Abstract

The Asymmetric Distance-Constrained Vehicle Routing Problem (ADVRP) is NP-hard as it is a natural extension of the NP-hard Vehicle Routing Problem. In ADVRP problem, each customer is visited exactly once by a vehicle; every tour starts and ends at a depot; and the traveled distance by each vehicle is not allowed to exceed a predetermined limit. We propose a hybrid metaheuristic algorithm combining the Randomized Variable Neighborhood Search (RVNS) and the Tabu Search (TS) to solve the problem. The combination of multiple neighborhoods and tabu mechanism is used for their capacity to escape local optima while exploring the solution space. Furthermore, the intensification and diversification phases are also included to deliver optimized and diversified solutions.

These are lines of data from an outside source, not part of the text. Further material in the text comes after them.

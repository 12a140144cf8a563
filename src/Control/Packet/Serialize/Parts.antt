-- ===== src/Control/Packet/Serialize/Parts.antt =====
-- What `ControlPacket::serialize` writes, packet by packet.
use moonlight_common_rust.Common.{
  ℕ, ◌+◌, ◌/◌, ◌^◌, Bool, true, false, Option, none, some, [], ◌∷◌, ◌++◌, Bytes, length, take, ltb,
  leb, if◌then◌else◌, u16_to_le, u16_to_be, u32_to_le, u32_to_be,
}
use moonlight_common_rust.Common.Int.{ℤ, pos, eq_ℤ}
use moonlight_common_rust.Control.Config.{ControlPacketConfig}
use moonlight_common_rust.Control.Packet.{
  TerminationReason, long, short, Primary, SunshineHdrMetadata,
}

unfoldable pub u64_to_le : ℕ → Bytes
u64_to_le n = u32_to_le n ++ u32_to_le (n / 2 ^ 32)

-- Type and length, then the content. The length is a number of the code's own, and not measured.
abbrev pub packet : ℕ → ℕ → Bytes → Bytes
packet ty content_len content = u16_to_le ty ++ (u16_to_le content_len ++ content)

abbrev pub optional : Option ℕ → ℕ → Bytes → Option Bytes
optional none content_len content = none
optional (some ty) content_len content = some (packet ty content_len content)

-- An input packet: its length, its magic number and its fields.
abbrev pub input : ControlPacketConfig → ℕ → ℕ → Bytes → Option Bytes
input c input_len magic fields =
    some (packet c.input_data (4 + input_len) (u32_to_be input_len ++ (u32_to_le magic ++ fields)))

abbrev pub at_least_5 : ℤ → Bool
at_least_5 (pos n) = leb 5 n
at_least_5 _ = false

abbrev pub of_bool : Bool → ℕ
of_bool true = 1
of_bool false = 0

unfoldable pub serialize_primary : Primary → Bytes
serialize_primary p = u16_to_le p.x ++ u16_to_le p.y

unfoldable pub serialize_metadata : SunshineHdrMetadata → Bytes
serialize_metadata m =
    serialize_primary m.display_primary_0
    ++ (serialize_primary m.display_primary_1
        ++ (serialize_primary m.display_primary_2
            ++ (serialize_primary m.white_point
                ++ (u16_to_le m.max_display_luminance
                    ++ (u16_to_le m.min_display_luminance
                        ++ (u16_to_le m.max_content_light_level
                            ++ (u16_to_le m.max_frame_average_light_level
                                ++ u16_to_le m.max_full_frame_luminance)))))))

unfoldable pub serialize_hdr :
    ControlPacketConfig → Bool → Option SunshineHdrMetadata → Option Bytes
serialize_hdr c enabled none = optional c.hdr_mode 1 (of_bool enabled ∷ [])
serialize_hdr c enabled (some m) = optional c.hdr_mode 27 (of_bool enabled ∷ serialize_metadata m)

unfoldable pub serialize_termination : ControlPacketConfig → TerminationReason → Option Bytes
serialize_termination c (short code) = optional c.server_termination 2 (u16_to_be code)
serialize_termination c (long code) = optional c.server_termination 4 (u32_to_be code)

abbrev pub serialize_ping : ControlPacketConfig → Option Bytes
serialize_ping c = optional c.periodic_ping 4 (0 ∷ 0 ∷ 0 ∷ 0 ∷ [])

abbrev pub serialize_idr_request : ControlPacketConfig → Option Bytes
serialize_idr_request c = some (packet c.request_idr 2 (0 ∷ 0 ∷ []))

abbrev pub serialize_start_b_packet : ControlPacketConfig → Option Bytes
serialize_start_b_packet c =
    if eq_ℤ c.server_version.major (pos 3)
    then some (packet c.start_b 4 (0 ∷ 0 ∷ 0 ∷ 0xa ∷ []))
    else some (packet c.start_b 1 (0 ∷ []))

abbrev pub serialize_loss : ControlPacketConfig → ℕ → ℕ → ℕ → ℕ → ℕ → ℕ → ℕ → Option Bytes
serialize_loss c unknown1 interval unknown2 last_good unknown3 unknown4 unknown5 = some (
    packet c.loss_stats 32 (
      u32_to_le unknown1
      ++ (u32_to_le interval
          ++ (u32_to_le unknown2
              ++ (u64_to_le last_good
                  ++ (u32_to_le unknown3 ++ (u32_to_le unknown4 ++ u32_to_le unknown5)))))))

abbrev pub serialize_frame_statistics : ControlPacketConfig → Option Bytes
serialize_frame_statistics c = some (packet c.frame_stats 0 [])

abbrev pub serialize_fec_status :
    ControlPacketConfig → ℕ → ℕ → ℕ → ℕ → ℕ → ℕ → ℕ → ℕ → ℕ → ℕ → ℕ → Option Bytes
serialize_fec_status c frame highest next missing data_total parity_total data_got parity_got
      percentage block count =
    optional c.frame_fec 21 (
      u32_to_be frame
      ++ (u16_to_be highest
          ++ (u16_to_be next
              ++ (u16_to_be missing
                  ++ (u16_to_be data_total
                      ++ (u16_to_be parity_total
                          ++ (u16_to_be data_got
                              ++ (u16_to_be parity_got ++ (percentage ∷ block ∷ count ∷ [])))))))))

abbrev pub serialize_invalidate_frames : ControlPacketConfig → ℕ → ℕ → ℕ → ℕ → ℕ → ℕ → Option Bytes
serialize_invalidate_frames c first reserved1 last a b d = some (
    packet c.invalidate_reference_frames 24 (
      u32_to_le first
      ++ (u32_to_le reserved1
          ++ (u32_to_le last ++ (u32_to_le a ++ (u32_to_le b ++ u32_to_le d))))))

abbrev pub serialize_long_term_reference_acknowledgement :
    ControlPacketConfig → ℕ → ℕ → Option Bytes
serialize_long_term_reference_acknowledgement c frame reserved =
    optional c.long_term_reference_frame_acknowledgement 8 (u32_to_le frame ++ u32_to_le reserved)

abbrev pub serialize_mouse_move_relative : ControlPacketConfig → ℕ → ℕ → Option Bytes
serialize_mouse_move_relative c dx dy =
    input c 8 (if at_least_5 c.server_version.major then 7 else 6) (u16_to_be dx ++ u16_to_be dy)

abbrev pub serialize_mouse_move_absolute : ControlPacketConfig → ℕ → ℕ → ℕ → ℕ → ℕ → Option Bytes
serialize_mouse_move_absolute c x y unused w h =
    input c 14 5
      (u16_to_be x ++ (u16_to_be y ++ (u16_to_be unused ++ (u16_to_be w ++ u16_to_be h))))

abbrev pub serialize_mouse_button : ControlPacketConfig → Bool → ℕ → Option Bytes
serialize_mouse_button c press button = input c 5 (if press then 8 else 9) (button ∷ [])

abbrev pub serialize_mouse_scroll : ControlPacketConfig → ℕ → ℕ → ℕ → Option Bytes
serialize_mouse_scroll c amount_1 amount_2 padding =
    input c 10 0xA (u16_to_be amount_1 ++ (u16_to_be amount_2 ++ u16_to_be padding))

abbrev pub serialize_mouse_horizontal_scroll : ControlPacketConfig → ℕ → Option Bytes
serialize_mouse_horizontal_scroll c amount = input c 6 0x55000001 (u16_to_be amount)

abbrev pub serialize_keyboard : ControlPacketConfig → Bool → ℕ → ℕ → ℕ → ℕ → Option Bytes
serialize_keyboard c down flags key_code modifiers padding =
    input c 10 (if down then 3 else 4)
      (flags ∷ (u16_to_le key_code ++ (modifiers ∷ u16_to_le padding)))

abbrev pub serialize_text : ControlPacketConfig → Bytes → ℕ → Option Bytes
serialize_text c bytes text_len =
    if ltb (length bytes) text_len then none else input c (4 + text_len) 0x17 (take text_len bytes)

abbrev pub serialize_controller_arrival : ControlPacketConfig → ℕ → ℕ → ℕ → ℕ → Option Bytes
serialize_controller_arrival c number ty capabilities buttons =
    input c 12 0x55000004 (number ∷ ty ∷ (u16_to_le capabilities ++ u32_to_le buttons))

abbrev pub serialize_controller_state :
    ControlPacketConfig → ℕ → ℕ → ℕ → ℕ → ℕ → ℕ → ℕ → ℕ → ℕ → ℕ → ℕ → ℕ → ℕ → ℕ → Option Bytes
serialize_controller_state c header_b number mask mid_b buttons lt rt lx ly rx ry tail_a buttons_2
      tail_b =
    input c 30 0xC (
      u16_to_le header_b
      ++ (u16_to_le number
          ++ (u16_to_le mask
              ++ (u16_to_le mid_b
                  ++ (u16_to_le buttons
                      ++ (lt
                          ∷ rt
                          ∷ (u16_to_le lx
                              ++ (u16_to_le ly
                                  ++ (u16_to_le rx
                                      ++ (u16_to_le ry
                                          ++ (u16_to_le tail_a
                                              ++ (u16_to_le buttons_2
                                                  ++ u16_to_le tail_b))))))))))))

abbrev pub serialize_controller_touch :
    ControlPacketConfig → ℕ → ℕ → ℕ → ℕ → ℕ → ℕ → ℕ → ℕ → Option Bytes
serialize_controller_touch c number event padding touchpad pointer x y pressure =
    input c 24 0x55000005 (
      number
      ∷ event
      ∷ padding
      ∷ touchpad
      ∷ (u32_to_le pointer ++ (u32_to_le x ++ (u32_to_le y ++ u32_to_le pressure))))

abbrev pub serialize_controller_battery : ControlPacketConfig → ℕ → ℕ → ℕ → ℕ → Option Bytes
serialize_controller_battery c number state percentage reserved =
    input c 8 0x55000007 (number ∷ state ∷ percentage ∷ reserved ∷ [])

abbrev pub serialize_controller_motion :
    ControlPacketConfig → ℕ → ℕ → ℕ → ℕ → ℕ → ℕ → ℕ → Option Bytes
serialize_controller_motion c number motion reserved_0 reserved_1 x y z =
    input c 20 0x55000006
      (number ∷ motion ∷ reserved_0 ∷ reserved_1 ∷ (u32_to_le x ++ (u32_to_le y ++ u32_to_le z)))

abbrev pub serialize_rumble_data : ControlPacketConfig → ℕ → ℕ → ℕ → ℕ → Option Bytes
serialize_rumble_data c unused number low high =
    optional c.rumble_data 10
      (u32_to_le unused ++ (u16_to_le number ++ (u16_to_le low ++ u16_to_le high)))

abbrev pub serialize_rumble_triggers : ControlPacketConfig → ℕ → ℕ → ℕ → Option Bytes
serialize_rumble_triggers c number left right =
    optional c.rumble_triggers 6 (u16_to_le number ++ (u16_to_le left ++ u16_to_le right))

abbrev pub serialize_set_led : ControlPacketConfig → ℕ → ℕ → ℕ → ℕ → Option Bytes
serialize_set_led c number r g b = optional c.set_rgb_led 5 (u16_to_le number ++ (r ∷ g ∷ b ∷ []))

abbrev pub serialize_set_motion : ControlPacketConfig → ℕ → ℕ → ℕ → Option Bytes
serialize_set_motion c number rate motion =
    optional c.set_motion_event 5 (u16_to_le number ++ (u16_to_le rate ++ (motion ∷ [])))

abbrev pub serialize_set_adaptive_triggers :
    ControlPacketConfig → ℕ → ℕ → ℕ → ℕ → Bytes → Bytes → Option Bytes
serialize_set_adaptive_triggers c number flags type_left type_right left right =
    optional c.set_adaptive_triggers 25
      (u16_to_le number ++ (flags ∷ type_left ∷ type_right ∷ (left ++ right)))

abbrev pub serialize_touch : ControlPacketConfig → ℕ → ℕ → ℕ → ℕ → ℕ → ℕ → ℕ → ℕ → ℕ → Option Bytes
serialize_touch c event reserved rotation pointer x y pressure minor major = input c 32 0x55000002 (
    event
    ∷ reserved
    ∷ (u16_to_le rotation
        ++ (u32_to_le pointer
            ++ (u32_to_le x
                ++ (u32_to_le y ++ (u32_to_le pressure ++ (u32_to_le minor ++ u32_to_le major)))))))

abbrev pub serialize_pen :
    ControlPacketConfig → ℕ → ℕ → ℕ → ℕ → ℕ → ℕ → ℕ → ℕ → ℕ → ℕ → ℕ → ℕ → Option Bytes
serialize_pen c event tool buttons padding x y pressure rotation tilt zero2 minor major =
    input c 32 0x55000003 (
      event
      ∷ tool
      ∷ buttons
      ∷ padding
      ∷ (u32_to_le x
          ++ (u32_to_le y
              ++ (u32_to_le pressure
                  ++ (u16_to_le rotation
                      ++ (tilt ∷ zero2 ∷ (u32_to_le minor ++ u32_to_le major)))))))

abbrev pub serialize_web_state_packet : ControlPacketConfig → ℕ → Bytes → Option Bytes
serialize_web_state_packet c sequence_number keys =
    optional c.web_state 34 (u16_to_be sequence_number ++ keys)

Extensive numerical experiments and comparisons with all the state-of-the-art algorithms show that the proposed method is highly competitive in terms of solution quality and computation time, providing new best solutions for a number of instances.

Highlights

  • Introduction and literature review The basicVehicle Routing Problem (VRP) aims to design the least cost routes from a single depot to a set of geographically distributed customers such that each customer is visited exactly once by one vehicle

  • We study in this paper a variant of VRP named Distance-Constrained VRP (DVRP)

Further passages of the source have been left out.